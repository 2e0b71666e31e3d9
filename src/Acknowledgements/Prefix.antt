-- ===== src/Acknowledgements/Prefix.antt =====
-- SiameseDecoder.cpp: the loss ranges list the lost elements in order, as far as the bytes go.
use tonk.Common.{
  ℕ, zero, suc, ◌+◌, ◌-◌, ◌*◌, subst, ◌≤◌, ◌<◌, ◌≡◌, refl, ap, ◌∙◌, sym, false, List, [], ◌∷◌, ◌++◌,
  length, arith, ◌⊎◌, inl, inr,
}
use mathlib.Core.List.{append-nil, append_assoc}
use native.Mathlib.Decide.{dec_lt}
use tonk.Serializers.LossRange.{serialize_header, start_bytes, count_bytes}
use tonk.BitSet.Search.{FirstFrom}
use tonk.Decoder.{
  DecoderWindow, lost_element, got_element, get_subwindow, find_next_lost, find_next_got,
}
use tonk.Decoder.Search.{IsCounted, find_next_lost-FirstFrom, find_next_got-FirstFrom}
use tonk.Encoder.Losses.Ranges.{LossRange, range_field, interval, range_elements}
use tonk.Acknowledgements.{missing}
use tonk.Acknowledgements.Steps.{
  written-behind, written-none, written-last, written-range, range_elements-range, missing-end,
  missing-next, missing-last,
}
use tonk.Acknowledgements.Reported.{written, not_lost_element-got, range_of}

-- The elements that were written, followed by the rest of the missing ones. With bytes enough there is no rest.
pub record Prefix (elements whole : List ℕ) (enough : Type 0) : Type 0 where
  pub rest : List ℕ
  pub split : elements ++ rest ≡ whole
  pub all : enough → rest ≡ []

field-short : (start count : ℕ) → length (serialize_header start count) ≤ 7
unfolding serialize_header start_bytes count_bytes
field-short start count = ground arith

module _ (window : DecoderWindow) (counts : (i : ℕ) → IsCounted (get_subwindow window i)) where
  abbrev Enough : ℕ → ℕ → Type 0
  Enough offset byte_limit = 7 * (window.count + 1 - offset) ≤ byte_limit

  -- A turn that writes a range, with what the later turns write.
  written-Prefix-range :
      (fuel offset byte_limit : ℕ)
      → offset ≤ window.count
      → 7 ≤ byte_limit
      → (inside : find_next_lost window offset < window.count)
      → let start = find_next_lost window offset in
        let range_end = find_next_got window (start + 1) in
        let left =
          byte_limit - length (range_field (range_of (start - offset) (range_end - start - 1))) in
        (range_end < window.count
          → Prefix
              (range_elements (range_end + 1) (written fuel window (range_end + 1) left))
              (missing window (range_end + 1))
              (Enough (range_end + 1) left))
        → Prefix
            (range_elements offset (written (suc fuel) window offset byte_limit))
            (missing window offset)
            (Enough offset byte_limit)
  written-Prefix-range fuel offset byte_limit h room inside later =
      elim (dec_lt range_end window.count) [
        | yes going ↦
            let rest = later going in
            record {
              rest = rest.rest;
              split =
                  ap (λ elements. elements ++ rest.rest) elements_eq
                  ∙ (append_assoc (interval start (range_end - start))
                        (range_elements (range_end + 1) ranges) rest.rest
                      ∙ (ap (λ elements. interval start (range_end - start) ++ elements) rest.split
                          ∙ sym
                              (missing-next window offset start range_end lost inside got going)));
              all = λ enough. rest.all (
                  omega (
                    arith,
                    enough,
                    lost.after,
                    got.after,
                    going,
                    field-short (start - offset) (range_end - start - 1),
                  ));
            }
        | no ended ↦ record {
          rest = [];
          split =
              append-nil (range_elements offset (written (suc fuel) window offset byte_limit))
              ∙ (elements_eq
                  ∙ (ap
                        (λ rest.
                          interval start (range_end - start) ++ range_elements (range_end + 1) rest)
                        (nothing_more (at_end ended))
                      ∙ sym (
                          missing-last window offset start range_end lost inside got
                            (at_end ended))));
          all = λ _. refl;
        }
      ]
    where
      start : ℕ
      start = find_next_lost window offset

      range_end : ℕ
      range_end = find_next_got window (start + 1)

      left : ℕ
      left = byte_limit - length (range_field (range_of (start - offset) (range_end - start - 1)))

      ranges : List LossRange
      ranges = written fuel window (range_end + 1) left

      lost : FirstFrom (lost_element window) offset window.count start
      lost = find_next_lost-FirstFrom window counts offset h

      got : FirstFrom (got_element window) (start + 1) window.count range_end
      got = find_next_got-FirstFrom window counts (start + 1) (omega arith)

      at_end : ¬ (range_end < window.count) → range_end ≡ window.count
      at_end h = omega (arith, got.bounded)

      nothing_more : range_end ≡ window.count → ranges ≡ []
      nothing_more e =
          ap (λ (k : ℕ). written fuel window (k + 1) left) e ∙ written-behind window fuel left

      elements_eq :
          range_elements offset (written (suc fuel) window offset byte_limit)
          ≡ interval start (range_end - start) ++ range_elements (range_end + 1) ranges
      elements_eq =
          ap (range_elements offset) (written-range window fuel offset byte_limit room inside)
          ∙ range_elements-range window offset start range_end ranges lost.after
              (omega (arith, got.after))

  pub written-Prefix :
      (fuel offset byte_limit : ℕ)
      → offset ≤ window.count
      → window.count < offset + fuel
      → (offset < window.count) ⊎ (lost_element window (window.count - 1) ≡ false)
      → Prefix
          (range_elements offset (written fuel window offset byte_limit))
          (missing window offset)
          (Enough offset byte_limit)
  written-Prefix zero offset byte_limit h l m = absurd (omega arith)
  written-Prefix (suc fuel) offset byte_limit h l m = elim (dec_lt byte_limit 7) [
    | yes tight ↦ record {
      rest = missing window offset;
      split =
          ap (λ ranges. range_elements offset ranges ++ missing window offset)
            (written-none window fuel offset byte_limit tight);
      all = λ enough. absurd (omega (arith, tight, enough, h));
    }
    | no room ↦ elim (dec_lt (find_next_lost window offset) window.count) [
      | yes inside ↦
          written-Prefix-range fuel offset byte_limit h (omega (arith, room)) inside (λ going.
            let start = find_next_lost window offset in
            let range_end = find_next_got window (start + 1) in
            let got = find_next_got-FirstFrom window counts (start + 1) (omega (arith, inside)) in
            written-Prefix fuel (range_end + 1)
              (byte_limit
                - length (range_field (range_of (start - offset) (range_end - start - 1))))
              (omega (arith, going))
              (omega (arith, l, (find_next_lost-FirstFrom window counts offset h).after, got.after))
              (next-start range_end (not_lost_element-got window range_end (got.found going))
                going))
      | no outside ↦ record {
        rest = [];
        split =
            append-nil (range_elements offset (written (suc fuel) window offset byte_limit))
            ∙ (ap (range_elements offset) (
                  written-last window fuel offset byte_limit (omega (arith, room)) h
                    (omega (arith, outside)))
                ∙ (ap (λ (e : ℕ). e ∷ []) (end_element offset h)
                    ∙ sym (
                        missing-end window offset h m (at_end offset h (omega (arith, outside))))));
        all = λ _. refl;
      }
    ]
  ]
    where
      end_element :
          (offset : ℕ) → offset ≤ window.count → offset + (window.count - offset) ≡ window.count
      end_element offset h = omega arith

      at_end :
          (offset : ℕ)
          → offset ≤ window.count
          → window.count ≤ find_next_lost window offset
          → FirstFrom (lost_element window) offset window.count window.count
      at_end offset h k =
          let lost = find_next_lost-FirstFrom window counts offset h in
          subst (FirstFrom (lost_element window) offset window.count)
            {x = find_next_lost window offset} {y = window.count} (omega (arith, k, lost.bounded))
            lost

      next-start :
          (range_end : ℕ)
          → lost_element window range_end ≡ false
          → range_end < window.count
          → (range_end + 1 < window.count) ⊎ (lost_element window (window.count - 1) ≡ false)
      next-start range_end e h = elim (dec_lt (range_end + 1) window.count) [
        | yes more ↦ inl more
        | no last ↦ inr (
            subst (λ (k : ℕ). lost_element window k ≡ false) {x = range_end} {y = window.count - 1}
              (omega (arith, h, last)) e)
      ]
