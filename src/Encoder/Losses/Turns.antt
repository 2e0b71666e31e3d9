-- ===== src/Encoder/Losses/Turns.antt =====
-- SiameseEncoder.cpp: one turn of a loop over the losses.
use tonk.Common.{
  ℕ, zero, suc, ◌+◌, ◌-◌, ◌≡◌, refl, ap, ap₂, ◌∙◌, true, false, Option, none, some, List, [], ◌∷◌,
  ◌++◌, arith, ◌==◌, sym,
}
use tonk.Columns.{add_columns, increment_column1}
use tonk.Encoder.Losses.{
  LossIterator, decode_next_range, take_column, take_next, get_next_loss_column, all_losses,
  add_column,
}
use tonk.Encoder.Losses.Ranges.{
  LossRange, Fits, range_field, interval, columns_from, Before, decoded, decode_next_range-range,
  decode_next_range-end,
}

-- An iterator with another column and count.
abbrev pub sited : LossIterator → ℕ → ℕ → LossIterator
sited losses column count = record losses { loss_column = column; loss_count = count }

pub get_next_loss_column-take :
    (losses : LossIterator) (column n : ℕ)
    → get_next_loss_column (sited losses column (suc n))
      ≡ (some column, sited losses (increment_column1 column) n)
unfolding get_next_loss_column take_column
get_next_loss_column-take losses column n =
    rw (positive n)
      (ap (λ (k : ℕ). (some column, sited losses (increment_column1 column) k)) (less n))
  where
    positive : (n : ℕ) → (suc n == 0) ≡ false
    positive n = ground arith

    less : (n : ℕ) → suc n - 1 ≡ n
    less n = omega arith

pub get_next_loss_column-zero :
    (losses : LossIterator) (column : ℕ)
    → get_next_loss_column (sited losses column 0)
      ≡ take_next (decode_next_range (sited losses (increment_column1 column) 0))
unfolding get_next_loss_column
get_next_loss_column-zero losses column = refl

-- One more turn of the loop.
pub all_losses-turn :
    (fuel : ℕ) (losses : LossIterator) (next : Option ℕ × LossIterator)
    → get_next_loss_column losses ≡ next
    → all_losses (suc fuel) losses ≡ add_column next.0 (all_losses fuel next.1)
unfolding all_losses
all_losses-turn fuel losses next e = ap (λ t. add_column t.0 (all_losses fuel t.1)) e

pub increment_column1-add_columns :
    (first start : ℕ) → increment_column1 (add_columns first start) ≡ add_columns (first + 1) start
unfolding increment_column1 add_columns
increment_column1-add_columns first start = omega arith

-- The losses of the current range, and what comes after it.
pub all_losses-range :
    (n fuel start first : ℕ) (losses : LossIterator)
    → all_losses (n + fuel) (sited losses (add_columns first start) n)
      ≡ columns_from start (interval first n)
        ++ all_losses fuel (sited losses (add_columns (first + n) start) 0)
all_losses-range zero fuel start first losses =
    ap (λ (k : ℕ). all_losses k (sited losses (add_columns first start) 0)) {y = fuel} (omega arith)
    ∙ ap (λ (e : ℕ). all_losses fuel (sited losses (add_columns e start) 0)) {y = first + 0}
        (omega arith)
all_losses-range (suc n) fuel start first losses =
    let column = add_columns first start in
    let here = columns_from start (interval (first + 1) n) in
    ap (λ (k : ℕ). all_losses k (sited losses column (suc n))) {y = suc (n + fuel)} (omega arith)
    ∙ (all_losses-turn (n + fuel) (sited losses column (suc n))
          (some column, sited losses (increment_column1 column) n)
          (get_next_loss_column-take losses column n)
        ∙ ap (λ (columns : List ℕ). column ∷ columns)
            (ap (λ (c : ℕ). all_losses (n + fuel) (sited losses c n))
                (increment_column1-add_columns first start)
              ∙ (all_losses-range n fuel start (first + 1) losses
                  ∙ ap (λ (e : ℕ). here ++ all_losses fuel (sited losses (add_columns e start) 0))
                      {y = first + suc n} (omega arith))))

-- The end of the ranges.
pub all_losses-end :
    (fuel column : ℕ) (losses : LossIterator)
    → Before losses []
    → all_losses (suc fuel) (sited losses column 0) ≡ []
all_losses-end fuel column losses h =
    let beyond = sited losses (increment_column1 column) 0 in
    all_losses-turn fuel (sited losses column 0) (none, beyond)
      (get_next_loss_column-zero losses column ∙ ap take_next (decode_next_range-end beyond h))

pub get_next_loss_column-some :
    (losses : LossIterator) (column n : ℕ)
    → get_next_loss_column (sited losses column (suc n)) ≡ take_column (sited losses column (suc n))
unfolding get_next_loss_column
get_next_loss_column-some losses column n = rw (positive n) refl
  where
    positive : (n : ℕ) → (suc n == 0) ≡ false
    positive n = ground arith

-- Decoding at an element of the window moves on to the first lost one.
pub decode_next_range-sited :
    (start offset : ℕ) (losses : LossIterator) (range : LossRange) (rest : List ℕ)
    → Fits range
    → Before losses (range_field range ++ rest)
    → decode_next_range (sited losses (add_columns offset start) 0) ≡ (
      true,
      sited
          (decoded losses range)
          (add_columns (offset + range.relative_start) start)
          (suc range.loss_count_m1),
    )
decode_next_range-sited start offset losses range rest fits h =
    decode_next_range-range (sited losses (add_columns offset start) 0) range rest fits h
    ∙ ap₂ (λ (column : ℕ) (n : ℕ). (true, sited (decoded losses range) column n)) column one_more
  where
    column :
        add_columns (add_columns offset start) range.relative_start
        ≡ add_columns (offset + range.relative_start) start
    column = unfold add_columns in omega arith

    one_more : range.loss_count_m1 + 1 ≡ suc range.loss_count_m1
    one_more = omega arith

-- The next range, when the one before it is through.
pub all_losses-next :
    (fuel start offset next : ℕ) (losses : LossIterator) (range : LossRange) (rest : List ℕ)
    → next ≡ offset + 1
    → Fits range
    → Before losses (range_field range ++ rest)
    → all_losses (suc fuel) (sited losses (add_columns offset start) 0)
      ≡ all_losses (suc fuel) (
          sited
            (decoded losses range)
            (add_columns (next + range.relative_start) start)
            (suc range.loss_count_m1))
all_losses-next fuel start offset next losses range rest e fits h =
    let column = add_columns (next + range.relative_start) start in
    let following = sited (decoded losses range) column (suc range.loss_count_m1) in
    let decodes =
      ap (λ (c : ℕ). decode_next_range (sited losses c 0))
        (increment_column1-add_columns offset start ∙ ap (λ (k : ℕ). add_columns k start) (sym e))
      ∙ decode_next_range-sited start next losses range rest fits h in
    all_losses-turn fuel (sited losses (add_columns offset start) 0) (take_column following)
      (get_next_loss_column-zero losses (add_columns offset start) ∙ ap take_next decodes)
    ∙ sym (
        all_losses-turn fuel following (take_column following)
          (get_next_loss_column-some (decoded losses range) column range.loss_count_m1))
===============
#### Activity
Look back at the entries above and repeat, unchanged, every line from the line holding "-- The losses" through the line holding "(interval first n)".

#### Exercise answer
-- The losses of the current range, and what comes after it.
pub all_losses-range :
    (n fuel start first : ℕ) (losses : LossIterator)
    → all_losses (n + fuel) (sited losses (add_columns first start) n)
      ≡ columns_from start (interval first n)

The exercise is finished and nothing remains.